Two additional companies from the elite Brimob unit will "be posted in Poso to enforce the security there," deputy local police chief I Nyoman Sindra said after a ceremony for an officer who was one of the dead.

Sindra said the police had earlier this month requested additional support from the military to restore order in the area. The shootout, which also wounded six people, broke out as police searched for suspected militants Monday in Poso, on the island of Sulawesi.

"In the operation, we arrested 24 people, while 11 people were killed," national police spokesman Sisno Adiwinoto told reporters in Jakarta, raising the earlier death toll by one.

Sporadic unrest has continued in Poso and the surrounding district since it became a focal point of violence between Muslims and Christians that claimed about 1,000 lives in 2000-2001.

Adiwinoto said all 35 arrested or killed were carrying firearms and explosives. "None of them are civilians, all of them are armed criminals. It is clear from their ability to shoot on target," he said, adding none of them was originally from Poso.

He said one of those killed and two arrested were on a list of 29 people wanted in connection with a series of anti-Christian attacks in the area.

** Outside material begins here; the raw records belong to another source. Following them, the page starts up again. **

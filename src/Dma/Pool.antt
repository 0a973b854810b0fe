-- ===== src/Dma/Pool.antt =====
-- The pool's books: a buffer is free or acquired, never both, and none is lost.
use minicam_hal.Common.{
  ℕ, zero, suc, ◌+◌, ◌≡◌, ◌≤◌, refl, ◌∙◌, Bool, false, some, List, [], ◌∷◌, ◌++◌, inl, inr, arith,
  if◌then◌else◌, ◌==◌, ==_iff, length-append, count-append, Bool-cases, Option-cases,
}
use minicam_hal.Dma.{
  Heap, DmaBuf, DmaBufPool, DmaBufLease, acquire, reset_lease, close, ensure_open_locked,
  allocate_locked, allocate_each, initialize,
}
use minicam_hal.Dma.Books.{
  IsValid, acquire-IsValid, empty-IsValid, idle, in_use, owned, release-IsValid, rw_IsValid,
}

-- The calls that change a pool, those of its leases included.
pub data Call : Type 0 where
  initializes : ℕ → ℕ → Bool → Call
  acquires closes : Call
  resets : DmaBufLease → Call

unfoldable pub call : Heap → Call → DmaBufPool → DmaBufPool
call heap (initializes size n map) p = (initialize heap size n map p).1
call heap acquires p = (acquire p).1
call heap closes p = close p
call heap (resets l) p = (reset_lease l p).1

module _ (heap : Heap) where
  allocate-buffers :
      (i size : ℕ) (map : Bool) (p : DmaBufPool)
      → let p' = (allocate_locked heap i size map p).1 in
        (p'.buffers ≡ p.buffers)
        × (p'.free_buffers ≡ p.free_buffers)
        × (p'.generation ≡ p.generation)
  unfolding allocate_locked ensure_open_locked
  allocate-buffers i size map p = ground arith

  pub generation-each :
      (n i size : ℕ) (map : Bool) (p : DmaBufPool)
      → (allocate_each heap n i size map p).1.generation ≡ p.generation
  unfolding allocate_each
  generation-each zero i size map p = refl
  generation-each (suc n) i size map p = elim (Option-cases (allocate_locked heap i size map p).0) [
    | inl e ↦ rw (e, allocate_each) (allocate-buffers i size map p).2
    | inr (b, e) ↦
        rw (e, allocate_each)
          (generation-each n (i + 1) size map _ ∙ (allocate-buffers i size map p).2)
  ]

-- The loop of `initialize` adds buffers at fresh addresses: none of those that are there has the
-- address of a number from `i` on.
module _ (heap : Heap) (fresh : (i j : ℕ) → heap.address i ≡ heap.address j → i ≡ j) where
  owned-append :
      (j : ℕ) (bs : List DmaBuf) (b : DmaBuf)
      → owned j (bs ++ (b ∷ [])) ≡ owned j bs + (if b.address == j then 1 else 0)
  owned-append j [] b = omega arith
  owned-append j (c ∷ bs) b = omega (arith, owned-append j bs b)

  idle-append :
      (j : ℕ) (bs : List DmaBuf) (b : DmaBuf)
      → b.acquired ≡ false
      → idle j (bs ++ (b ∷ [])) ≡ idle j bs + (if b.address == j then 1 else 0)
  idle-append j [] b h = ground arith
  idle-append j (c ∷ bs) b h = omega (arith, idle-append j bs b h)

  in_use-append :
      (bs : List DmaBuf) (b : DmaBuf) → b.acquired ≡ false → in_use (bs ++ (b ∷ [])) ≡ in_use bs
  in_use-append [] b h = ground arith
  in_use-append (c ∷ bs) b h = omega (arith, in_use-append bs b h)

  -- Every pool that is valid stays so with a buffer added at an address of its own.
  add-IsValid :
      (p : DmaBufPool) (b : DmaBuf)
      → IsValid p
      → b.acquired ≡ false
      → owned b.address p.buffers ≡ 0
      → IsValid (record p {
        buffers = p.buffers ++ (b ∷ []);
        free_buffers = p.free_buffers ++ (b.address ∷ []);
      })
  add-IsValid p b v h none_there = record {
    distinct = λ j.
        ground (arith, v.distinct j, owned-append j p.buffers b, none_there, ==_iff b.address j);
    free_exact = λ j. ground (
      arith,
      v.free_exact j,
      count-append j p.free_buffers (b.address ∷ []),
      idle-append j p.buffers b h,
    );
    conserved = ground (
      arith,
      v.conserved,
      length-append p.free_buffers (b.address ∷ []),
      length-append p.buffers (b ∷ []),
      in_use-append p.buffers b h,
    );
  }

  allocate-fresh :
      (i size : ℕ) (map : Bool) (p : DmaBufPool) (b : DmaBuf)
      → (allocate_locked heap i size map p).0 ≡ some b
      → (b.address ≡ heap.address i) × (b.acquired ≡ false)
  unfolding allocate_locked ensure_open_locked
  allocate-fresh i size map p b e = ground arith

  allocate_each-IsValid :
      (n i size : ℕ) (map : Bool) (p : DmaBufPool)
      → IsValid p
      → ((k : ℕ) → i ≤ k → owned (heap.address k) p.buffers ≡ 0)
      → IsValid (allocate_each heap n i size map p).1
  unfolding allocate_each
  allocate_each-IsValid zero i size map p v above = v
  allocate_each-IsValid (suc n) i size map p v above =
      let p' = (allocate_locked heap i size map p).1 in
      let same = allocate-buffers heap i size map p in
      elim (Option-cases (allocate_locked heap i size map p).0) [
        | inl e ↦ rw (e, allocate_each) (empty-IsValid _ refl refl)
        | inr (b, e) ↦
            let made = allocate-fresh i size map p b e in
            let valid : IsValid p' = rw_IsValid p p' same.0 same.1 v in
            let none_there : owned b.address p'.buffers ≡ 0 =
              rw (same.0, made.0) (above i (omega arith)) in
            let p'' : DmaBufPool = record p' {
              buffers = p'.buffers ++ (b ∷ []);
              free_buffers = p'.free_buffers ++ (b.address ∷ []);
            } in
            rw (e, allocate_each)
              (allocate_each-IsValid n (i + 1) size map p''
                (add-IsValid p' b valid made.1 none_there)
                (λ k more.
                  rw (owned-append (heap.address k) p'.buffers b, same.0)
                    (ground (
                      arith,
                      above k (omega (arith, more)),
                      made.0,
                      ==_iff b.address (heap.address k),
                      fresh i k,
                      more,
                    ))))
      ]

  initialize-IsValid :
      (size n : ℕ) (map : Bool) (p : DmaBufPool)
      → IsValid p
      → IsValid (initialize heap size n map p).1
  unfolding initialize
  initialize-IsValid size n map p v = elim (Bool-cases (size == 0)) [
    | inl e ↦ rw e (rw_IsValid p _ refl refl v)
    | inr e ↦ elim (Bool-cases (n == 0)) [
      | inl f ↦ rw (e, f) (rw_IsValid p _ refl refl v)
      | inr f ↦
          rw (e, f) (allocate_each-IsValid n 0 size map _ (empty-IsValid _ refl refl) (λ k _. refl))
    ]
  ]

  -- Every call keeps the books of the pool: no two buffers at one address; the free list holds each
  -- buffer that is not acquired once, and nothing else; free and acquired buffers add up to the
  -- capacity. The heap puts the objects of one `initialize` at distinct addresses.
  pub call-IsValid : (c : Call) (p : DmaBufPool) → IsValid p → IsValid (call heap c p)
  unfolding call reset_lease close
  call-IsValid (initializes size n map) p v = initialize-IsValid size n map p v
  call-IsValid acquires p v = acquire-IsValid p v
  call-IsValid (resets l) p v = release-IsValid l.buffer l.generation p v
  call-IsValid closes p v = empty-IsValid _ refl refl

Separately, national police spokesman Anton Bachrul Alam said three people on the list gave themselves up Tuesday morning, adding "we are still open for more people to surrender."

In the raid, police seized 21 homemade firearms, seven guns, 21 improvised bombs, 406 detonators and more than 3,000 rounds of ammunition.

"We are still investigating the firearms we seized during the raid, but we believe that they originate from the southern Philippines since some of them (the militants) are trained there," said Adiwinoto.

Central Sulawesi governor Bandjela Paliudju expressed concern over the police tactics. "There are many other things which could have been done by the police to avoid victims on both sides. Why didn't they try persuasion?" The Jakarta Post quoted him as saying.

Provincial police chief Brigadier General Badroddin Haiti last week warned suspects to surrender their weapons or risk being shot on sight.

Police and residents have clashed several times in recent days in the area, where several suspects wanted over a series of anti-Christian attacks in Poso district are believed to be hiding.